Chronic fluoxetine induces long-lasting enhancement of dopaminergic synaptic modulation. (a) Bath-applied dopamine induced reversible potentiation of mossy fiber synaptic transmission. The magnitude of potentiation was clearly increased in fluoxetine-treated mice (FLX) as compared with control mice (CNT). Sample traces show averages of 15 consecutive field excitatory postsynaptic potentials (fEPSPs) before and during dopamine application.

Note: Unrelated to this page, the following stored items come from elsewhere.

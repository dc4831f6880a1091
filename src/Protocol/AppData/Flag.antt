-- ===== src/Protocol/AppData/Flag.antt =====
-- app_data/mod.rs: the data flag, that is, a function number as a type byte and one mark bit.
use plc_service_rust.Base.{
  ℕ, zero, suc, ◌+◌, ◌-◌, ◌*◌, ◌/◌, ◌%◌, ◌^◌, ◌<◌, ◌≡◌, refl, ◌∙◌, ok, err, panic, ◌>>=◌, arith,
  ◌==◌, ltb, if◌then◌else◌, Bool, true, false, Outcome, ◌&&◌, ◌||◌,
}
use plc_service_rust.Base.Bits.{holds_below, holds_below_lem, shl_u8}
use plc_service_rust.Protocol.Fault.{Error}
use plc_service_rust.Protocol.AppData.{DataFlag, find_mark, as_fn_num, flag_of_fn_num}

-- Bit `i` is the lowest bit of `mark` that is set.
abbrev pub IsLowestBit : ℕ → ℕ → Type 0
IsLowestBit mark i = (i < 8) × (mark % 2 ^ (i + 1) ≡ 2 ^ i)

abbrev finds_lowest : ℕ → Outcome Error ℕ → Bool
finds_lowest mark (ok i) = ltb i 8 && (mark % 2 ^ (i + 1) == 2 ^ i)
finds_lowest mark (err e) = false
finds_lowest mark panic = false

finds_lowest_table : holds_below (λ m. m == 0 || finds_lowest m (find_mark 8 0 m)) 256 ≡ true
unfolding holds_below find_mark
finds_lowest_table = refl

finds_lowest-ok :
    (mark : ℕ) (o : Outcome Error ℕ)
    → finds_lowest mark o ≡ true
    → (i : ℕ) × (o ≡ ok i) × IsLowestBit mark i
finds_lowest-ok mark (ok i) h = (i, refl, (ground arith, ground arith))
finds_lowest-ok mark (err e) h = cc
finds_lowest-ok mark panic h = cc

pub find_mark_lem :
    (mark : ℕ) → 0 < mark → mark < 256 → (i : ℕ) × (find_mark 8 0 mark ≡ ok i) × IsLowestBit mark i
find_mark_lem mark pos lt = finds_lowest-ok mark (find_mark 8 0 mark) (
    ground (
      arith,
      holds_below_lem (λ m. m == 0 || finds_lowest m (find_mark 8 0 m)) 256 mark lt
          finds_lowest_table,
    ))

pub as_fn_num-find_mark :
    (type_ mark i : ℕ)
    → find_mark 8 0 mark ≡ ok i
    → as_fn_num (record { type_ = type_; mark = mark })
      ≡ (if ltb (type_ * 8 + i + 1) 256 then ok (type_ * 8 + i + 1) else panic)
unfolding as_fn_num
as_fn_num-find_mark type_ mark i h = ground arith

-- A data flag with a mark that is not 0 has the function number of its lowest mark bit `i`, that is,
-- 8 * type + i + 1, where that fits a byte; where it does not, the sum overflows.
pub as_fn_num_lem :
    (type_ mark : ℕ)
    → 0 < mark
    → mark < 256
    → (i : ℕ) × IsLowestBit mark i
      × (as_fn_num (record { type_ = type_; mark = mark })
          ≡ (if ltb (type_ * 8 + i + 1) 256 then ok (type_ * 8 + i + 1) else panic))
as_fn_num_lem type_ mark pos lt =
    let (i, found, low) = find_mark_lem mark pos lt in
    (i, low, as_fn_num-find_mark type_ mark i found)

pub as_fn_num_zero : (type_ : ℕ) → as_fn_num (record { type_ = type_; mark = 0 }) ≡ panic
unfolding as_fn_num find_mark
as_fn_num_zero type_ = refl

find_mark_power : (r : ℕ) → r < 8 → find_mark 8 0 (shl_u8 1 r) ≡ ok r
unfolding find_mark
find_mark_power zero h = refl
find_mark_power (suc zero) h = refl
find_mark_power (suc (suc zero)) h = refl
find_mark_power (suc (suc (suc zero))) h = refl
find_mark_power (suc (suc (suc (suc zero)))) h = refl
find_mark_power (suc (suc (suc (suc (suc zero))))) h = refl
find_mark_power (suc (suc (suc (suc (suc (suc zero)))))) h = refl
find_mark_power (suc (suc (suc (suc (suc (suc (suc zero))))))) h = refl
find_mark_power (suc (suc (suc (suc (suc (suc (suc (suc r)))))))) h = absurd (omega arith)

abbrev pub flag_values : ℕ → DataFlag
flag_values n = record { type_ = (n - 1) / 8; mark = shl_u8 1 ((n - 1) % 8) }

pub flag_of_fn_num_values : (n : ℕ) → 0 < n → flag_of_fn_num n ≡ ok (flag_values n)
unfolding flag_of_fn_num
flag_of_fn_num_values n h = ground arith

pub as_fn_num-flag_values : (n : ℕ) → 0 < n → n < 256 → as_fn_num (flag_values n) ≡ ok n
as_fn_num-flag_values n pos lt =
    as_fn_num-find_mark ((n - 1) / 8) _ ((n - 1) % 8) (find_mark_power ((n - 1) % 8) (omega arith))
    ∙ ground arith

-- Each function number from 1 to 255 has a data flag, and is read back from it.
pub as_fn_num-flag_of_fn_num : (n : ℕ) → 0 < n → n < 256 → (flag_of_fn_num n >>= as_fn_num) ≡ ok n
as_fn_num-flag_of_fn_num n pos lt =
    rw (flag_of_fn_num_values n pos) (as_fn_num-flag_values n pos lt)

-- The other way round, a flag with exactly one mark bit is the flag of its own function number.
pub flag_of_fn_num-as_fn_num :
    (type_ i : ℕ)
    → i < 8
    → type_ * 8 + i + 1 < 256
    → (as_fn_num (record { type_ = type_; mark = shl_u8 1 i }) >>= flag_of_fn_num)
      ≡ ok (record { type_ = type_; mark = shl_u8 1 i })
flag_of_fn_num-as_fn_num type_ i h lt =
    let number : as_fn_num (record { type_ = type_; mark = shl_u8 1 i }) ≡ ok (type_ * 8 + i + 1) =
      as_fn_num-find_mark type_ _ i (find_mark_power i h) ∙ ground arith in
    let e : type_ * 8 + i + 1 - 1 ≡ type_ * 8 + i = omega arith in
    let q : (type_ * 8 + i) / 8 ≡ type_ = omega arith in
    let r : (type_ * 8 + i) % 8 ≡ i = omega arith in
    rw number (flag_of_fn_num_values (type_ * 8 + i + 1) (omega arith) ∙ rw (e, q, r))
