-- ===== src/Listener.antt =====
-- src/listener.rs: binding a TCP or a Unix socket. The kernel's answers come from outside: what a call
-- of the system fails with, none where it succeeds. The directory tree maps a path to what stands
-- there, a symbolic link with its target; directories on the way to a path are not links.
use oxide_http.Prelude.{
  ℕ, zero, suc, ℤ, Text, codes, text_eq, decimal, Option, none, some, List, [], ◌∷◌, ◌++◌, Bool,
  true, false, if◌then◌else◌, Result, ok, err,
}
use oxide_http.Prelude.Results.{◌>>=◌, ◌>>◌}
use oxide_http.Config.Tune.{SocketOptions}
pub mod Unix
pub mod Tcp
pub mod Tests

pub data Kind : Type 0 where
  socket : Kind
  no_socket : Kind
  link : (target : Text) → Kind

abbrev pub Files : Type 0
Files = Text → Option Kind

unfoldable pub put : Text → Option Kind → Files → Files
unfolding text_eq
put path kind files q = if text_eq q path then kind else files q

-- What `metadata` finds, past the links; the system follows 40 of them at most.
pub data Meta : Type 0 where
  found : (is_socket : Bool) → Meta
  not_found : Meta
  too_many_links : Meta

pub follow : Files → ℕ → Option Kind → Meta
follow files hops none = not_found
follow files hops (some socket) = found true
follow files hops (some no_socket) = found false
follow files zero (some (link target)) = too_many_links
follow files (suc hops) (some (link target)) = follow files hops (files target)

unfoldable pub metadata : Files → Text → Meta
unfolding follow
metadata files path = follow files 40 (files path)

abbrev pub addr_in_use : Text
addr_in_use = codes "Address already in use (os error 98)"

pub record System : Type 1 where
  pub metadata_fails : Text → Option Text
  pub remove_fails : Text → Option Text
  pub bind_fails : Text → Option Text
  pub nonblocking_fails : Option Text
  pub Addr : Type 0
  pub parse_addr : Text → Option Addr
  pub to_socket_addrs : Text → ℕ → Result (List Addr)
  pub is_ipv6 : Addr → Bool

abbrev done_unless : Option Text → Result (Unit {0})
done_unless none = ok tt
done_unless (some msg) = err msg

module _ (sys : System) where
  -- `UnixListener::bind` makes the socket's file, where nothing stands.
  bind_at : Text → Option Kind → Files → Result (Unit {0}) × Files
  unfolding put
  bind_at path (some kind) files = (err addr_in_use, files)
  bind_at path none files = elim (sys.bind_fails path) [
    | some msg ↦ (err msg, files)
    | none ↦ (done_unless sys.nonblocking_fails, put path (some socket) files)
  ]

  clear_and_bind : Text → Files → Result (Unit {0}) × Files
  unfolding put bind_at
  clear_and_bind path files = elim (sys.remove_fails path) [
    | some msg ↦ (err msg, files)
    | none ↦ bind_at path none (put path none files)
  ]

  -- A link to a socket counts as one: it is the link that is removed.
  bind_over : Text → Meta → Files → Result (Unit {0}) × Files
  unfolding bind_at clear_and_bind
  bind_over path (found false) files =
      (err (path ++ codes ": file exists and is not a socket"), files)
  bind_over path (found true) files = clear_and_bind path files
  bind_over path not_found files = bind_at path (files path) files
  bind_over path too_many_links files =
      (err (codes "Too many levels of symbolic links (os error 40)"), files)

  unfoldable pub bind_unix : Text → Files → Result (Unit {0}) × Files
  unfolding bind_over metadata
  bind_unix path files = elim (sys.metadata_fails path) [
    | some msg ↦ (err msg, files)
    | none ↦ bind_over path (metadata files path) files
  ]

  first_of : List sys.Addr → Result sys.Addr
  first_of [] = err (codes "address does not resolve")
  first_of (a ∷ more) = ok a

  -- A literal address, or the first that the name resolves to.
  unfoldable pub address : Text → ℕ → Result sys.Addr
  unfolding decimal first_of
  address host port = elim (sys.parse_addr (host ++ (codes ":" ++ decimal port))) [
    | some a ↦ ok a
    | none ↦ sys.to_socket_addrs host port >>= first_of
  ]

  pub data Call : Type 0 where
    new_socket : (ipv6 : Bool) → Call
    reuse_address : Call
    reuse_port : Call
    bind : sys.Addr → Call
    listen : (backlog : ℤ) → Call
    nonblocking : Call

  -- The calls that were made, up to the first that fails.
  unfoldable pub issue : (Call → Option Text) → List Call → List Call × Result (Unit {0})
  issue fails [] = ([], ok tt)
  issue fails (c ∷ calls) =
      let (rest, end) = issue fails calls in
      elim (fails c) [ some msg ↦ (c ∷ [], err msg) | none ↦ (c ∷ rest, end) ]

  unfoldable pub calls_for : SocketOptions → sys.Addr → List Call
  calls_for opts addr =
      let after = bind addr ∷ listen opts.backlog ∷ nonblocking ∷ [] in
      new_socket (sys.is_ipv6 addr)
      ∷ reuse_address
      ∷ (if opts.reuse_port then reuse_port ∷ after else after)

  unfoldable pub bind_tcp :
      (Call → Option Text) → Text → ℕ → SocketOptions → List Call × Result (Unit {0})
  unfolding address issue calls_for
  bind_tcp fails host port opts = elim (address host port) [
    | err msg ↦ ([], err msg)
    | ok addr ↦ issue fails (calls_for opts addr)
  ]
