-- ===== src/Listener/Tcp.antt =====
-- src/listener.rs, `bind_tcp`: the calls that make a listener.
use oxide_http.Prelude.{
  ℕ, Text, Option, Option-cases, ok, Result-cases, List, [], ◌∷◌, ◌≡◌, refl, ap, inl, inr,
}
use oxide_http.Config.Tune.{SocketOptions}
use oxide_http.Listener.{System, Call, address, issue, calls_for, bind_tcp}

module _ (sys : System) (fails : Call sys → Option Text) where
  issue-ok :
      (calls : List (Call sys))
      → (issue sys fails calls).1 ≡ ok tt
      → (issue sys fails calls).0 ≡ calls
  unfolding issue
  issue-ok [] = λ e. refl
  issue-ok (c ∷ calls) = elim (Option-cases (fails c)) [
    | inr (msg, f) ↦ rw (f, issue) (λ e. cc e)
    | inl works ↦ rw (works, issue) (λ e. ap (λ cs. c ∷ cs) (issue-ok calls e))
  ]

  -- A listener has its address, whole: every call was made for it.
  bind_tcp-ok :
      (host : Text) (port : ℕ) (opts : SocketOptions)
      → (bind_tcp sys fails host port opts).1 ≡ ok tt
      → (addr : sys.Addr) × (address sys host port ≡ ok addr)
        × ((bind_tcp sys fails host port opts).0 ≡ calls_for sys opts addr)
  unfolding bind_tcp
  bind_tcp-ok host port opts = elim (Result-cases (address sys host port)) [
    | inr (msg, f) ↦ rw (f, bind_tcp) (λ e. cc e)
    | inl (addr, found) ↦
        rw (found, bind_tcp) (λ e. (addr, refl, issue-ok (calls_for sys opts addr) e))
  ]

Scale bar: 10 ms, 0.2 mV. (b) Effects of fluoxetine and paroxetine (PAR) on dopaminergic synaptic modulation. Dopamine-induced potentiation was significantly increased after 2 weeks (n=5, p<0.05) and 4 weeks (n=11, p<0.001, Bonferroni's multiple comparison test) of fluoxetine treatments at 22 mg/kg per day and 4 weeks of PAR treatment at 30 mg/kg per day (n=4, p<0.001), but not after 4 weeks of fluoxetine treatment at 14 mg/kg per day (n=8). (c) Dopamine-induced potentiation remained enhanced for at least 1 month after withdrawal of fluoxetine (n=6 each, p=0.0133). ^*p<0.05; ^***p<0.001.

Figure 2

Serotonin dependence of fluoxetine-induced enhancement of dopaminergic modulation. (a) Chronic fluoxetine significantly increased the magnitude of dopamine-induced potentiation in saline-injected mice (control mice (CNT): n=6, fluoxetine-treated mice (FLX): n=3, p<0.001, Bonferroni's multiple comparison test), but not in 5,7-dihydroxytryptamine (DHT)-injected mice (CNT: n=5, FLX: n=4). There was no significant difference between saline- and DHT-injected control groups. (b) Chronic fluoxetine significantly increased the magnitude of dopamine-induced potentiation in both wild-type (5-HT₄+/+, CNT: n=6, FLX: n=8, p<0.01) and mutant mice (5-HT₄-/-, CNT: n=10, FLX: n=9, p<0.05, Dunn's multiple comparison test). ^*p<0.05; ^**p<0.01; ^***p<0.001.

Figure 3

Selective increase in D₁-like ligand binding in dentate gyrus and CA3 in fluoxetine-treated mice (FLX). (a) Representative autoradiograms of [³H]SCH23390 binding at four different section levels. (b) Summary data showing significant increases in [³H]SCH23390 binding after fluoxetine treatment in CA3 (p=0.019) and dentate gyrus (p=0.0121) (control mice (CNT): n=6, FLX: n=7). DG, dentate gyrus; FC, frontal cortex; SN, substantia nigra. ^*p<0.05.

Figure 4

Reduced 5-HT₄ ligand binding in fluoxetine-treated mice (FLX). (a) Representative autoradiograms of [³H]GR113808 binding in the striatum, amygdala and hippocampus (indicated by arrows). (b) Fluoxetine significantly reduced [³H]GR113808 binding in amygdala (p=0.0043), striatum (p=0.0005) and substantia nigra (p=0.0239) (control mice (CNT): n=6, FLX: n=7). ^*p<0.05; ^**p<0.01; ^***p<0.001.

Figure 5

Reduced 5-HT_1A ligand binding in fluoxetine-treated mice (FLX). (a) Representative autoradiograms of [³H]8-OHDPAT binding. The arrow indicates the hippocampal CA1 region. (b) Fluoxetine significantly reduced [³H]8-OHDPAT binding in CA1 (p=0.007) (control mice (CNT): n=6, FLX: n=7). ^**p<0.01.